Je crois également en l’impérieuse nécessité de l’informatisation de la grande chancellerie. Il est, en effet, très regrettable que, faute de fichiers informatisés, il soit quasiment impossible d’établir des listes fiables des décorés de la Légion d’honneur, notamment à l’étranger. Les Archives nationales ont mis en place un remarquable fonds « Léonore » qui répertorie tous les médaillés militaires et légionnaires, mais uniquement ceux qui sont décédés avant 1954. Il semble indispensable de l’actualiser au plus vite !

En tant qu’élue des Français de l’étranger, je souhaite mettre l’accent tout particulièrement sur l’universalité de la Légion d’honneur, car elle a permis, par le truchement des ambassadeurs et du ministère des affaires étrangères, de récompenser enfin la « France du dehors » composée de nos ressortissants vivant à l’étranger et de nos amis francophiles et francophones.

Depuis la fin de la Seconde Guerre mondiale, la Légion d’honneur et le Mérite national sont en effet attribués plus largement à ceux dont les activités participent au rayonnement économique, culturel, scientifique et humanitaire de la France. Je tiens ici à rendre hommage à l’engagement de nos ambassadeurs, sans lesquels nos compatriotes ne pourraient prétendre au bénéfice de ces distinctions honorifiques.

Parce qu’elle jouit d’un respect universel, la Légion d’honneur est un formidable outil pour notre diplomatie et pour le rayonnement de la France.
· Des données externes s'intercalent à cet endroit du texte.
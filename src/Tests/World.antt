-- ===== src/Tests/World.antt =====
-- The array of block changes and the sections, in the test world.
use macintosh_craft.Base.{◌≡◌, refl, ◌↔◌, false, arith}
use macintosh_craft.Base.Int.{pos, negsuc}
use macintosh_craft.World.Changes.{
  Changes, Place, get_block_change, store_change, stored, full, change_at,
}
use macintosh_craft.World.Changes.MapLaw
use macintosh_craft.World.Changes.Plain.{IsPlain}
use macintosh_craft.Base.{List, [], ◌∷◌, true, ◌⊎◌, if◌then◌else◌}
use macintosh_craft.World.Blocks.{get_block_at, make_block_change, Viewer, in_game}
use macintosh_craft.World.Blocks.Reads
use macintosh_craft.World.Changes.Write.{same_place}
use macintosh_craft.Base.Array.{update}
use macintosh_craft.Tests.Data.{generator, one_change, one_change-IsPlain, sand_place}

-- Dirt in place of the gap.
abbrev dirt_place : Place
dirt_place = record { x = pos 3; y = 64; z = pos 5 }

abbrev two_changes : Changes
two_changes = record { entries = update one_change.entries 0 (change_at dirt_place 2); count = 2 }

stored_dirt : store_change 8 false one_change dirt_place 2 ≡ stored two_changes
unfolding store_change
stored_dirt = refl

get-store_change_example : get_block_change 8 two_changes dirt_place ≡ 2
get-store_change_example =
    MapLaw.get-store_change 8 false one_change two_changes dirt_place dirt_place 2
      one_change-IsPlain (omega arith) (omega arith) stored_dirt

store_change-IsPlain_example : IsPlain 8 two_changes
store_change-IsPlain_example =
    MapLaw.store_change-IsPlain 8 false one_change two_changes dirt_place 2 one_change-IsPlain
      (omega arith) (omega arith) stored_dirt

store_change-full_iff_example :
    (store_change 8 false one_change dirt_place 2 ≡ full one_change)
    ↔ ((false ≡ false) × MapLaw.IsFull one_change dirt_place)
store_change-full_iff_example =
    MapLaw.store_change-full_iff 8 false one_change dirt_place 2 one_change-IsPlain (omega arith)
      (omega arith)

-- Dirt is put on the surface while two players are known, one of them still loading.
abbrev viewers : List Viewer
viewers =
    record { client_fd = pos 4; loading = false }
    ∷ record { client_fd = pos 5; loading = true }
    ∷ []

seen_by_one : in_game viewers ≡ pos 4 ∷ []
unfolding in_game
seen_by_one = refl

make_block_change-get_block_at_example :
    let e = make_block_change generator viewers one_change dirt_place 2 in
    ((e.failed ≡ false)
      × (get_block_at generator e.changes (pos 17) (pos 70) (negsuc 2) ≡ (
          if same_place dirt_place sand_place
          then 2
          else get_block_at generator one_change (pos 17) (pos 70) (negsuc 2))))
    ⊎ ((e.failed ≡ true) × (e.changes ≡ one_change) × MapLaw.IsFull one_change dirt_place)
make_block_change-get_block_at_example =
    Reads.make_block_change-get_block_at generator viewers one_change dirt_place sand_place 2
      one_change-IsPlain ((omega arith, omega arith), (omega arith, omega arith), omega arith)
      (omega arith) (omega arith) (omega arith)
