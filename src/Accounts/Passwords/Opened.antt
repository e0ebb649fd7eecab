-- ===== src/Accounts/Passwords/Opened.antt =====
-- A password opens the account that was made with it.
use stranger_club.Base.{
  ℕ, if◌then◌else◌, ◌≡◌, refl, String, true, false, none, some, List, str_eq, eq_iff, sym, ◌∙◌,
  arith, inl, inr, Option-cases, subst,
}
use stranger_club.Db.Query.{get, count_where, first_where}
use stranger_club.Db.Query.Laws.{get-insert, first_where-get, first_where-none, count_where_pos}
use stranger_club.Db.Query.Bulk.{count_where_unique}
use stranger_club.Exec.{except_integrity, ◌>>=◌, Result, ok, err, run}
use stranger_club.Exec.Ends.{Ends-pure, Ends-require, Ends-modify, Ends-commit, Ends-run, Ends-gets}
use stranger_club.Avatars.{Round}
use stranger_club.Schemas.Emails.{lower, normalize_email, lower-normalize_email}
use stranger_club.Accounts.{Account, Accounts, Hashing, has_email}
use stranger_club.Accounts.Passwords.{
  insert_account, Signup, email_account, first_avatar, create_player_account, opens, authenticated,
  authenticate_player,
}
use stranger_club.Accounts.Sound.{Sound}
use stranger_club.Accounts.Sound.Members.{Ends-insert_account, create_player_account-Sound}

abbrev IfSignedUp : Hashing → ℕ → Signup → Accounts → Result ℕ → Accounts → Type 0
IfSignedUp h salt p d (ok id) w = get w.users id ≡ some (email_account h salt p)
IfSignedUp h salt p d (err e) w = w ≡ d

signed_up :
    (h : Hashing) (salt : ℕ) (before : Accounts) (p : Signup) (rounds : List Round) (d : Accounts)
    → Sound d
    → let (answer, w) = run (create_player_account h salt before p rounds) d in
      IfSignedUp h salt p d answer w
unfolding create_player_account first_avatar
signed_up h salt before p rounds d s = Ends-run {Q = IfSignedUp h salt p d} _ d (
    Ends-require _ _ _ _ refl λ unseen. Ends-gets _ _ _ (
      Ends-insert_account h salt p _ _ refl λ free. Ends-modify _ _ _ (
        Ends-commit _ _ (
          Ends-pure _ _ (
            ground (
              arith,
              get-insert d.users d.users.next_id (email_account h salt p) s.identity.table,
            ))))))

-- On sound accounts the account with an email is the one that a query by it finds.
found_by_email :
    (email : String) (id : ℕ) (a : Account) (w : Accounts)
    → Sound w
    → get w.users id ≡ some a
    → has_email email a ≡ true
    → first_where (has_email email) w.users ≡ some (id, a)
found_by_email email id a w s held has =
    elim (Option-cases (first_where (has_email email) w.users)) [
      | inl missing ↦ absurd (
          ground (
            arith,
            first_where-none (has_email email) w.users missing,
            count_where_pos (has_email email) w.users id a held has,
          ))
      | inr ((j, b), found) ↦
          let (held', has') =
            first_where-get (has_email email) w.users j b s.identity.table found in
          let same =
            count_where_unique (has_email email) w.users j id b a (s.identity.one_email email) held'
              has' held has in
          found ∙ ground (arith, same, held, held')
    ]

stored :
    (h : Hashing) (salt : ℕ) (p : Signup) (d : Accounts) (id : ℕ) (r : Result ℕ) (w : Accounts)
    → r ≡ ok id
    → IfSignedUp h salt p d r w
    → get w.users id ≡ some (email_account h salt p)
stored h salt p d id (ok j) w e held =
    subst (λ i. get w.users i ≡ some (email_account h salt p)) (cc e) held
stored h salt p d id (err e') w e held = cc

opened :
    (h : Hashing) (salt : ℕ) (p : Signup) (id : ℕ) (email password : String) (w : Accounts)
    → Sound w
    → str_eq (h.hash salt p.password) "" ≡ false
    → get w.users id ≡ some (email_account h salt p)
    → normalize_email email ≡ normalize_email p.email
    → authenticate_player h email password w
      ≡ (if h.verify (h.hash salt p.password) password then some id else none)
unfolding authenticate_player authenticated opens email_account
opened h salt p id email password w s full held same =
    let has : has_email (normalize_email email) (email_account h salt p) ≡ true =
      (eq_iff (lower (normalize_email p.email)) (normalize_email email)).1
        (lower-normalize_email p.email ∙ sym same) in
    rw (found_by_email (normalize_email email) id (email_account h salt p) w s held has)
      (ground (arith, full))

signs_up :
    (h : Hashing) (salt : ℕ) (before : Accounts) (p : Signup) (rounds : List Round) (d : Accounts)
    → count_where (has_email (normalize_email p.email)) before.users ≡ 0
    → count_where (has_email (normalize_email p.email)) d.users ≡ 0
    → (run (create_player_account h salt before p rounds) d).0 ≡ ok d.users.next_id
unfolding create_player_account insert_account run ◌>>=◌ except_integrity
signs_up h salt before p rounds d free_before free = rw (free_before, free) refl

-- On sound accounts, where no account has the email and a hash of Argon2 is not empty, a signup
-- succeeds, and on the accounts that it leaves a login with that email, in whatever case and between
-- whatever blanks, is accepted with exactly the passwords that agree with the hash, as the new account.
pub create-authenticate :
    (h : Hashing) (salt : ℕ) (before : Accounts) (p : Signup) (rounds : List Round) (d : Accounts)
    (email password : String)
    → Sound d
    → count_where (has_email (normalize_email p.email)) before.users ≡ 0
    → count_where (has_email (normalize_email p.email)) d.users ≡ 0
    → str_eq (h.hash salt p.password) "" ≡ false
    → normalize_email email ≡ normalize_email p.email
    → let (answer, w) = run (create_player_account h salt before p rounds) d in
      answer ≡ ok d.users.next_id
      × authenticate_player h email password w
        ≡ (if h.verify (h.hash salt p.password) password then some d.users.next_id else none)
create-authenticate h salt before p rounds d email password s free_before free full same =
    let w = (run (create_player_account h salt before p rounds) d).1 in
    let made = signs_up h salt before p rounds d free_before free in
    (
      made,
      opened h salt p d.users.next_id email password w
          (create_player_account-Sound h salt before p rounds d s) full
          (stored h salt p d d.users.next_id _ w made (signed_up h salt before p rounds d s)) same,
    )
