-- ===== src/Accounts/Profile.antt =====
-- `update_profile` in backend/app/routers/player_auth.py. A field that is left out is `none`, a null
-- is `some none`.
pub mod Updated
use stranger_club.Base.{
  ℕ, String, Bool, true, false, not, ◌||◌, Option, none, some, ◌==◌, is_some, or_default,
  if◌then◌else◌,
}
use stranger_club.Db.Query.{Table, get, update, delete, count_where, first_where}
use stranger_club.Db.Status.{Position}
use stranger_club.Exec.{
  integrity_error, runtime_error, Exec, pure, or_raise, gets, require, modify, commit, ◌>>=◌, ◌>>◌,
  except_integrity,
}
use stranger_club.Avatars.{PlayerProfile, profile_of}
use stranger_club.Schemas.Emails.{lower}
use stranger_club.Accounts.{Account, Accounts, has_email, text_is}
use stranger_club.Accounts.Passwords.{email_taken}

-- schemas.PlayerProfileUpdate, after its validators; a null email is an email that is left out.
pub record ProfileUpdate : Type 0 where
  pub display_name : Option (Option String)
  pub cricket_role : Option (Option Position)
  pub skill_rating : Option (Option ℕ)
  pub bio : Option (Option String)
  pub phone : Option (Option String)
  pub email : Option String

-- What `model_dump(exclude_unset=True)` keeps beside the email.
abbrev pub has_fields : ProfileUpdate → Bool
has_fields p =
    is_some p.display_name
    || is_some p.cricket_role
    || is_some p.skill_rating
    || is_some p.bio
    || is_some p.phone

abbrev pub role_or : Option (Option Position) → Position → Position
role_or none role = role
role_or (some none) role = role
role_or (some (some new)) role = new

-- `cricket_role` is NOT NULL.
abbrev pub is_null_role : Option (Option Position) → Bool
is_null_role (some none) = true
is_null_role _ = false

unfoldable pub edited_profile : ProfileUpdate → PlayerProfile → PlayerProfile
edited_profile p row = record row {
  display_name = or_default p.display_name row.display_name;
  cricket_role = role_or p.cricket_role row.cricket_role;
  skill_rating = or_default p.skill_rating row.skill_rating;
  bio = or_default p.bio row.bio;
  phone = or_default p.phone row.phone;
}

-- The email that is written, if it is given and new.
unfoldable pub new_email : ProfileUpdate → Account → Option String
new_email p player = elim p.email [
  | none ↦ none
  | some email ↦ if text_is player.email email then none else some email
]

-- `WHERE lower(email) = ... AND id != ...`
abbrev pub email_is_free : ℕ → Option String → Accounts → Bool
email_is_free id none d = true
email_is_free id (some email) d = count_where (has_email email) (delete d.users id) == 0

-- `uq_users_email_lower` beside the other accounts
abbrev pub index_is_free : ℕ → Option String → Accounts → Bool
index_is_free id none d = true
index_is_free id (some email) d = count_where (has_email (lower email)) (delete d.users id) == 0

abbrev pub with_email : Option String → Account → Account
with_email none a = a
with_email (some email) a = record a { email = some email }

abbrev pub edit_row :
    ProfileUpdate → Option (ℕ × PlayerProfile) → Table PlayerProfile → Table PlayerProfile
edit_row p none t = t
edit_row p (some (k, row)) t = update t k (edited_profile p row)

-- The flush of both rows, under `uq_users_email_lower` and the NOT NULL of `cricket_role`.
unfoldable pub flush_profile :
    ℕ → ProfileUpdate → Account → Option (ℕ × PlayerProfile) → Exec Accounts (Unit {0})
flush_profile id p player row = do
  free ← gets (index_is_free id (new_email p player))
  require free integrity_error
  require (not (is_null_role p.cricket_role)) integrity_error
  modify (λ d. record d {
    users = update d.users id (with_email (new_email p player) player);
    profiles = edit_row p row d.profiles;
  })

-- `update_profile`; `before` is the database that the query on emails reads, which takes no lock.
unfoldable pub update_profile :
    (id : ℕ) (before : Accounts) → ProfileUpdate → Exec Accounts PlayerProfile
update_profile id before p = do
  player? ← gets (λ d. get d.users id)
  player ← or_raise player? runtime_error
  row ← gets (λ d. first_where (profile_of id) d.profiles)
  require (email_is_free id (new_email p player) before) email_taken
  require (not (has_fields p) || is_some row) runtime_error
  except_integrity email_taken (flush_profile id p player row)
  commit
  found ← or_raise row runtime_error
  pure (edited_profile p found.1)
Mais, s’agissant des bénéficiaires étrangers, je me demande si les hommes ne sont pas, là encore, nettement plus nombreux que les femmes. Peut-être avez-vous, monsieur le ministre, des indications à nous donner à ce sujet.

Avant de conclure, je ne manquerai pas de rendre un vibrant hommage à l’ordre de la Libération, dont la subvention s’élève à 685 400 euros, en hausse de 1,19 % par rapport à 2004, ce qui lui permettra d’apporter des secours aux compagnons et à leurs familles. C’est l’occasion de saluer nos 105 compagnons de la Libération, les Français libres et nos 4 800 médaillés de la Résistance. Leur souvenir sera perpétué, le moment venu, par le Conseil national des communes « Compagnon de la Libération », pérennisant l’ordre par la création d’un établissement public administratif.

Je ne vous surprendrai donc pas, monsieur le ministre, en votant les budgets des ordres de la Légion d’honneur et de la Libération pour 2005, dans l’espoir du maintien à l’avenir de ces deux ordres dans l’intérêt et pour le rayonnement de notre pays. (Applaudissements sur les travées de l’UMP et de l’Union centriste.)